BEGIN

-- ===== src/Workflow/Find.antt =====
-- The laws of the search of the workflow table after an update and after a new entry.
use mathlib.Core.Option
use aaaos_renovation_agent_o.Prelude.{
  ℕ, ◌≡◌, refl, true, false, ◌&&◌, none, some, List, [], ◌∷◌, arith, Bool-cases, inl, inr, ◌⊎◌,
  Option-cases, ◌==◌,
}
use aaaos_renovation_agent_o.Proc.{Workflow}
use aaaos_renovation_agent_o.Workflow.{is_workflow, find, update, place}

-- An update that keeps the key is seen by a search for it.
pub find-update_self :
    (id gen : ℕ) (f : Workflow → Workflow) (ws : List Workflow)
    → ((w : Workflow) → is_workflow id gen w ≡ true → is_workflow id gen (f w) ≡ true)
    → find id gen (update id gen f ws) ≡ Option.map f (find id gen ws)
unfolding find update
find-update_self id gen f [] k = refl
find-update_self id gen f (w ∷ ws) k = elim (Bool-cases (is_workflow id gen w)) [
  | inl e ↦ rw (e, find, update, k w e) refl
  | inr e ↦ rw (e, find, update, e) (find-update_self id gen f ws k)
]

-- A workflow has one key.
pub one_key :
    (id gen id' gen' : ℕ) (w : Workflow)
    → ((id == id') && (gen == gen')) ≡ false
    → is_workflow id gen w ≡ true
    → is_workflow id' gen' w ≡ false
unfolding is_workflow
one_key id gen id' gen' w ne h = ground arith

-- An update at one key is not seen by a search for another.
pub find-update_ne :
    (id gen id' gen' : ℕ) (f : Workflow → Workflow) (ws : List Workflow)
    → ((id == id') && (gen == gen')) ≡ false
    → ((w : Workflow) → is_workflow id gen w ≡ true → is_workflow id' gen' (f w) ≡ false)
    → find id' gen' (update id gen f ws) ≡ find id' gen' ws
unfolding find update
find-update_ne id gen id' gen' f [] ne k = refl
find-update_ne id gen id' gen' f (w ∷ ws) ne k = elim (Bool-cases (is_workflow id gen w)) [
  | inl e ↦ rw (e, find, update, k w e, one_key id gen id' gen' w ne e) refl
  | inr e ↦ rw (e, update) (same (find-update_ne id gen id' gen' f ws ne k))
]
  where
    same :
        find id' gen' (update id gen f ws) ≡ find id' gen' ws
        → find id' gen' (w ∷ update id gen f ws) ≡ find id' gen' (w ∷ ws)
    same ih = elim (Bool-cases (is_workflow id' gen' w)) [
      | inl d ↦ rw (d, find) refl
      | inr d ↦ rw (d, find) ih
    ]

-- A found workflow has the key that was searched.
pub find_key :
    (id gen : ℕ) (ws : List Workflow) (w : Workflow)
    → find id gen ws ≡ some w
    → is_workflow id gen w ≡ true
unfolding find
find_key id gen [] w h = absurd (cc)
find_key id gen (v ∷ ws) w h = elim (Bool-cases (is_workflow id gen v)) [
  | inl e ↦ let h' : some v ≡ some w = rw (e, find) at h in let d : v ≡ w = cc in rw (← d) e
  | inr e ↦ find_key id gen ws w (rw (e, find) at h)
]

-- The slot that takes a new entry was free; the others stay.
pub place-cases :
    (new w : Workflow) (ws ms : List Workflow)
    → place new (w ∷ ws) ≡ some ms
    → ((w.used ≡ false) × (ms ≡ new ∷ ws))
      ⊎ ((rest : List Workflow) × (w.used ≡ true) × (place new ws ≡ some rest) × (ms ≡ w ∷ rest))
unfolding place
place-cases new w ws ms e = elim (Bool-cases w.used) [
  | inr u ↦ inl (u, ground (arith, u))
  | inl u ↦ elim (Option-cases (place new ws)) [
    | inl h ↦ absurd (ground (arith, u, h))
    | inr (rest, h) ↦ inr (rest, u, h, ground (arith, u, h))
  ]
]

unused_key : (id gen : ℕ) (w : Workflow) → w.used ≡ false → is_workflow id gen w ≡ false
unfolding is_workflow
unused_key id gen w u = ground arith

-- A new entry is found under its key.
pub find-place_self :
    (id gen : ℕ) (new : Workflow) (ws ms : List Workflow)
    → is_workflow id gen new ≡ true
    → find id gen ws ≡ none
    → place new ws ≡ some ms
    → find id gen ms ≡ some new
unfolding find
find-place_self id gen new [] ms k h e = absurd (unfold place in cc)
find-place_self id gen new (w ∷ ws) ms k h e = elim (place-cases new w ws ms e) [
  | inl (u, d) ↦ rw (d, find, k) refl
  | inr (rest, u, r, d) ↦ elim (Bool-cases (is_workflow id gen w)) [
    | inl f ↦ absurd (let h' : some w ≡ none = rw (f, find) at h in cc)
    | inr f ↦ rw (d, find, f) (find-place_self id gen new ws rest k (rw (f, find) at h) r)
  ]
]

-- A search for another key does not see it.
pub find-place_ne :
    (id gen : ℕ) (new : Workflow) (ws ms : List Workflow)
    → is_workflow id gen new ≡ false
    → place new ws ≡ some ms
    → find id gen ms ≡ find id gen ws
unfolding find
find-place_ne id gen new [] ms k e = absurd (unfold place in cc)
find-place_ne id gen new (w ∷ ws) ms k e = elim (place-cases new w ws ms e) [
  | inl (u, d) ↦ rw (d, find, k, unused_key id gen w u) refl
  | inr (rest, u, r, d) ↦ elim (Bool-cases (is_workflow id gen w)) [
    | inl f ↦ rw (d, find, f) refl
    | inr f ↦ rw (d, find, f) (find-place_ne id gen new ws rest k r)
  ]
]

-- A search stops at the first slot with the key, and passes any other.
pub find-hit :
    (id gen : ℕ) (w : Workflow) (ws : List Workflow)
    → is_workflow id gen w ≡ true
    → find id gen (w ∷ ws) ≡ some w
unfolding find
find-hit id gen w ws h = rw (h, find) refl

END
BEGIN

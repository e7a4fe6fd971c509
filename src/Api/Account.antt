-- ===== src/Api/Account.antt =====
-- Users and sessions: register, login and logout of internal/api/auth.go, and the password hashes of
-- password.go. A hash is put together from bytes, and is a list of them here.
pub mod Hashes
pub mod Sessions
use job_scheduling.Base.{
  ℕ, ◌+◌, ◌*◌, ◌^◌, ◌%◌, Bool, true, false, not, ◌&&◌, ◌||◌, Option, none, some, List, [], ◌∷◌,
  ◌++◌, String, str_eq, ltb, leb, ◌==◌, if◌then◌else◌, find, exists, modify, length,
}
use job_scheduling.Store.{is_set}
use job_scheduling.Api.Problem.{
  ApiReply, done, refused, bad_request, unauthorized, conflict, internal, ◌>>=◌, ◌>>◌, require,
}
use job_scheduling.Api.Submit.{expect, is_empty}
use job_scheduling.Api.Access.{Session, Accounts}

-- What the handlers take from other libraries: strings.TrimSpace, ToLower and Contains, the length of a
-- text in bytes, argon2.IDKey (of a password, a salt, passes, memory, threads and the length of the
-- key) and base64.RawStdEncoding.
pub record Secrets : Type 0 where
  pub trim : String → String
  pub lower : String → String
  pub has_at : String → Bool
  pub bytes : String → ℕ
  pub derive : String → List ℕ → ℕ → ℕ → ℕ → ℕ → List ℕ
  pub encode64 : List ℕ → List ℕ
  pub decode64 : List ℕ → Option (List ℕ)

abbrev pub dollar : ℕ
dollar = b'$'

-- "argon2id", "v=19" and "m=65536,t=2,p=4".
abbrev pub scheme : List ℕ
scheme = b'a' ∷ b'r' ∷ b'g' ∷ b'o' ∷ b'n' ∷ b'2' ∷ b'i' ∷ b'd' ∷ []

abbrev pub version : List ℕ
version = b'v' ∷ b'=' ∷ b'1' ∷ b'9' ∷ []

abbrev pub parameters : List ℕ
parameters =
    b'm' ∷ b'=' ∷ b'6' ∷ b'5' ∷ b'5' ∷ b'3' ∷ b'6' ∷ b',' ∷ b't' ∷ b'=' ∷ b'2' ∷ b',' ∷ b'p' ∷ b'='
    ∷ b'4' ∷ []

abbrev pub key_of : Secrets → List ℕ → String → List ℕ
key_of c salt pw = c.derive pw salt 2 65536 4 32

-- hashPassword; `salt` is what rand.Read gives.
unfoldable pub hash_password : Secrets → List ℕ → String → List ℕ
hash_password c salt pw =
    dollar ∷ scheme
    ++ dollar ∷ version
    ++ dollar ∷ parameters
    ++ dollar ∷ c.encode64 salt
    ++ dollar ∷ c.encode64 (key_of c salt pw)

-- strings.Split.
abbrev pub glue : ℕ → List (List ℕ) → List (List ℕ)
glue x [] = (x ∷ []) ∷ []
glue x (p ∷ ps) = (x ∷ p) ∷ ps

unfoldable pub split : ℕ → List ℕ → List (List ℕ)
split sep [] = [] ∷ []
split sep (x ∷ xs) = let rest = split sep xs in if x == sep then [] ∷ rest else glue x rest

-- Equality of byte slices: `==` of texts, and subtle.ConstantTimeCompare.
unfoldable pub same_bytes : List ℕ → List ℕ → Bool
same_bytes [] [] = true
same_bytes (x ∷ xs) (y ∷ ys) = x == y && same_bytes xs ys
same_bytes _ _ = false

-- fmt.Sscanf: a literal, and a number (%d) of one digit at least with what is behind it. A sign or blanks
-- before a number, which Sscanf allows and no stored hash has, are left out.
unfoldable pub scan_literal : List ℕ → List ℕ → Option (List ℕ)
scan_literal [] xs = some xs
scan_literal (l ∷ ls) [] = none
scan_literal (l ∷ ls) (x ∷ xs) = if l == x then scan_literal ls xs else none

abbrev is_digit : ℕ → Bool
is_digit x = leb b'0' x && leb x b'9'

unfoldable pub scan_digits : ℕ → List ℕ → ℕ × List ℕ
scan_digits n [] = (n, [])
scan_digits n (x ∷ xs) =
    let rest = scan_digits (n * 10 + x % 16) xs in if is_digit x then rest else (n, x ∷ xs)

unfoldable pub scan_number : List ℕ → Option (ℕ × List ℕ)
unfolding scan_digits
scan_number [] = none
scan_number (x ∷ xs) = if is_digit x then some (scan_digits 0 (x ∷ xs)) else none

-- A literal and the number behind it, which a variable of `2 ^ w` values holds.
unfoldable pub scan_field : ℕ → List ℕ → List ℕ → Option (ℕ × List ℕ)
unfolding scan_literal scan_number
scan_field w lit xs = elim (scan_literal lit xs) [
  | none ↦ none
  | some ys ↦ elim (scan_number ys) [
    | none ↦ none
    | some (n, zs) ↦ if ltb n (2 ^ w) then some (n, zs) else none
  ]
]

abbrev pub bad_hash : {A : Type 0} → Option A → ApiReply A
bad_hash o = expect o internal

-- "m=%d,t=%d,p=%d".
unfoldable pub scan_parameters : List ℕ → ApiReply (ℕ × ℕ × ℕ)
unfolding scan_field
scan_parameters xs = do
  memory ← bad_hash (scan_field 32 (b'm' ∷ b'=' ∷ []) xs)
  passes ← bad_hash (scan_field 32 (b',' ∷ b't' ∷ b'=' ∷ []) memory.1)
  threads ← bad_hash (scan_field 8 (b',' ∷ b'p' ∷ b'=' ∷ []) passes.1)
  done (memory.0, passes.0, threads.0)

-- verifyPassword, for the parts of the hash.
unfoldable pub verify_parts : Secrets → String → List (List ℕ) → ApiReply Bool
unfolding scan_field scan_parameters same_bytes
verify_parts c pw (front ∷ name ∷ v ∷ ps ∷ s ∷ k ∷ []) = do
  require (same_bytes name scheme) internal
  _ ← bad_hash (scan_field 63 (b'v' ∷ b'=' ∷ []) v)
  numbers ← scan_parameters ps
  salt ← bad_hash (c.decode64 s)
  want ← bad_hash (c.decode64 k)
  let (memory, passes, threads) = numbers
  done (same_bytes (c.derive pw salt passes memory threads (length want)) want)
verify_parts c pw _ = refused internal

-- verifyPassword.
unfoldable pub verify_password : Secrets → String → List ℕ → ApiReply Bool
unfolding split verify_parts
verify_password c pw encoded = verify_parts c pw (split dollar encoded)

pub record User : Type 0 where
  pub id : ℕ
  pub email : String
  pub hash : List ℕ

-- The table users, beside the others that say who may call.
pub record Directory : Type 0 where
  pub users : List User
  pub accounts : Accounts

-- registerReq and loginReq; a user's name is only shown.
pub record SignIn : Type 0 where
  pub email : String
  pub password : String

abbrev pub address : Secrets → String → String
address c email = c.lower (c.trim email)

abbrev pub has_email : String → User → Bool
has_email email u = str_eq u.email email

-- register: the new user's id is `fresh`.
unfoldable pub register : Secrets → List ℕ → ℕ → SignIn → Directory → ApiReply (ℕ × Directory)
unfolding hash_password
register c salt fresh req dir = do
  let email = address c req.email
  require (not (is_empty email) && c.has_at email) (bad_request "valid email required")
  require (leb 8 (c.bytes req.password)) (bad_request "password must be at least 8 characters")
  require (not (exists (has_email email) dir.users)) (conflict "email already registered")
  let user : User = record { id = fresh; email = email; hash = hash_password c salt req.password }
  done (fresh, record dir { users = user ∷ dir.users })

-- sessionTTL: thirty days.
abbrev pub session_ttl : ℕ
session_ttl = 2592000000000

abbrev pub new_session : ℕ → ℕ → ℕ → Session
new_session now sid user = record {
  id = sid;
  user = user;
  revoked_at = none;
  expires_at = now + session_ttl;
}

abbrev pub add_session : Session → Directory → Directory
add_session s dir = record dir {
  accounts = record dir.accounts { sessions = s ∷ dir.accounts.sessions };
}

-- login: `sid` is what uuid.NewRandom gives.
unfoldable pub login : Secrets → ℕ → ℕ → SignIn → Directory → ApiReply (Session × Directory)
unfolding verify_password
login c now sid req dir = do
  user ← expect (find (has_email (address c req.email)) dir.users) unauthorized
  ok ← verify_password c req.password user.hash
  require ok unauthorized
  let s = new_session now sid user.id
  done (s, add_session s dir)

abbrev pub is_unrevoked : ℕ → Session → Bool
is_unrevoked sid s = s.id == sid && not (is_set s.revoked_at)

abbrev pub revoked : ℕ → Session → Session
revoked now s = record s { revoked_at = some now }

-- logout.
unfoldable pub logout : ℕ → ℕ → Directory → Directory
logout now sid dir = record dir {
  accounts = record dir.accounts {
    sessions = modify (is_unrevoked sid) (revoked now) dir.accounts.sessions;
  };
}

END
BEGIN

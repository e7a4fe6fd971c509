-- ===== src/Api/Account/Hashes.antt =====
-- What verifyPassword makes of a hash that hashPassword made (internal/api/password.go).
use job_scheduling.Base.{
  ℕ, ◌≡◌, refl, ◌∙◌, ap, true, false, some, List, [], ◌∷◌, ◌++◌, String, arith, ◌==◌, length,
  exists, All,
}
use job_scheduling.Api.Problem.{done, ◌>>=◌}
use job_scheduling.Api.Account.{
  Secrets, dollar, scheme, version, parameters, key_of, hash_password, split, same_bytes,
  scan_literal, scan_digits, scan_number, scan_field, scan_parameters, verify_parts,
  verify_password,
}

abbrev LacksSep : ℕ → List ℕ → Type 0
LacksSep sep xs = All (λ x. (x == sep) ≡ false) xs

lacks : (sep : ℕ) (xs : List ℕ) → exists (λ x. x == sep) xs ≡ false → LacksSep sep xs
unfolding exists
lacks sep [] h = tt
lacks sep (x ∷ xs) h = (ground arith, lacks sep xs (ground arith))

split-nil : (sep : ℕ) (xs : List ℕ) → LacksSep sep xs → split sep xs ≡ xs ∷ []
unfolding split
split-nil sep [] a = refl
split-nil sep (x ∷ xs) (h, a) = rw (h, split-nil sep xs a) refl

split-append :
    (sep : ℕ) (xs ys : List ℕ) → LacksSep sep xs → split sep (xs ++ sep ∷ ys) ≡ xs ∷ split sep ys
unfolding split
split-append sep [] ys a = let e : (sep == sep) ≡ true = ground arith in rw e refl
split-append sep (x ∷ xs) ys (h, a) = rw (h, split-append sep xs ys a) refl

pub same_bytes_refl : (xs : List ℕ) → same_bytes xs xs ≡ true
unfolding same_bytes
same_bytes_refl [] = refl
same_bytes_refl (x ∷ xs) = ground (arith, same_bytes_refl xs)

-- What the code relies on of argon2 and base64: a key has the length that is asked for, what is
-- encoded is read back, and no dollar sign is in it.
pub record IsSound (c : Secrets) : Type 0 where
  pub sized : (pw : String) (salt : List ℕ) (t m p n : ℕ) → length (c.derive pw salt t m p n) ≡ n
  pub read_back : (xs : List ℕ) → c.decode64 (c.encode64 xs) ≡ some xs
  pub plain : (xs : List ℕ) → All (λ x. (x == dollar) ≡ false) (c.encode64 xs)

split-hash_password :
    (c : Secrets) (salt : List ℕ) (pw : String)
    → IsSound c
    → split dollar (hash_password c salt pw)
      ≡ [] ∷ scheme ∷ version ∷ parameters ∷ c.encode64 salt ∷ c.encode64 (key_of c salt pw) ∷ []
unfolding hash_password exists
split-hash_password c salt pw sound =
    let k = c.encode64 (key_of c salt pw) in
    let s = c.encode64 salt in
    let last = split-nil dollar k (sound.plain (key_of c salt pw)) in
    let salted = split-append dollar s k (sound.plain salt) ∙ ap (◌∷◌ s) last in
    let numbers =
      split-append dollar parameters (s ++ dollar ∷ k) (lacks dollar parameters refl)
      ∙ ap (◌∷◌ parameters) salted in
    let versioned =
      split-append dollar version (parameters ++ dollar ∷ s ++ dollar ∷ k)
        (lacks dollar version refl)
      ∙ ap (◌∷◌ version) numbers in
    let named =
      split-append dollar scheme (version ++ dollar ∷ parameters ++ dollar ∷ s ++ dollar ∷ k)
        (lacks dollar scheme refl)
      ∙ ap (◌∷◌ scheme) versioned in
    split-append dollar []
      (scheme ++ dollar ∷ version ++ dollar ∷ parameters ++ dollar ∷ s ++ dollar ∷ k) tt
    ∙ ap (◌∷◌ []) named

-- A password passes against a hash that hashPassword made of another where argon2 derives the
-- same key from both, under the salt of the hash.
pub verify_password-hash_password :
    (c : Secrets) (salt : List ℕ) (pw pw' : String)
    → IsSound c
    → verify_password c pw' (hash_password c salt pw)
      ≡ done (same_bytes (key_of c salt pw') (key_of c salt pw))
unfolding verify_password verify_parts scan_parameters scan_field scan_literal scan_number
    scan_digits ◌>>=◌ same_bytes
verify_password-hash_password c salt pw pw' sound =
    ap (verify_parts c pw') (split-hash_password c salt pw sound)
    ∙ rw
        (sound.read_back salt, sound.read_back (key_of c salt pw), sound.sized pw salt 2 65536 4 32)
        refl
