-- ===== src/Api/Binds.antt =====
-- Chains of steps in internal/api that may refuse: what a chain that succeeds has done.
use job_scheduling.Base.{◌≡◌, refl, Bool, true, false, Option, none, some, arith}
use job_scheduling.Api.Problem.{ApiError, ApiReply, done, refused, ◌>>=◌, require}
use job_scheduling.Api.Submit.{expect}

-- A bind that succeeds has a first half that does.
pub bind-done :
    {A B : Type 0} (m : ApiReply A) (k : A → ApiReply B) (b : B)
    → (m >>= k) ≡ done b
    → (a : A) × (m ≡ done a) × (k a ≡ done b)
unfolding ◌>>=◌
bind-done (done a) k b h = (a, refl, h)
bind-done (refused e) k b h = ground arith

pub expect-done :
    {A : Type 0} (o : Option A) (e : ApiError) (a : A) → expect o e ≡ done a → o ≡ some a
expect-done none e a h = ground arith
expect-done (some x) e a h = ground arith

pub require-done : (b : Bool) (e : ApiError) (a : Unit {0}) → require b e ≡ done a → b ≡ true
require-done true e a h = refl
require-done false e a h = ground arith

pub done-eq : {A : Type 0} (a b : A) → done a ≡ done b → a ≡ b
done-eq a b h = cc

END

Work item: Given the records above, return exactly the lines starting at the line containing "ApiReply B) (b : B)" and ending at the line containing "done-eq a b h = cc", including both.

Response to the task:
    {A B : Type 0} (m : ApiReply A) (k : A → ApiReply B) (b : B)
    → (m >>= k) ≡ done b
    → (a : A) × (m ≡ done a) × (k a ≡ done b)
unfolding ◌>>=◌
bind-done (done a) k b h = (a, refl, h)
bind-done (refused e) k b h = ground arith

pub expect-done :
    {A : Type 0} (o : Option A) (e : ApiError) (a : A) → expect o e ≡ done a → o ≡ some a
expect-done none e a h = ground arith
expect-done (some x) e a h = ground arith

pub require-done : (b : Bool) (e : ApiError) (a : Unit {0}) → require b e ≡ done a → b ≡ true
require-done true e a h = refl
require-done false e a h = ground arith

pub done-eq : {A : Type 0} (a b : A) → done a ≡ done b → a ≡ b
done-eq a b h = cc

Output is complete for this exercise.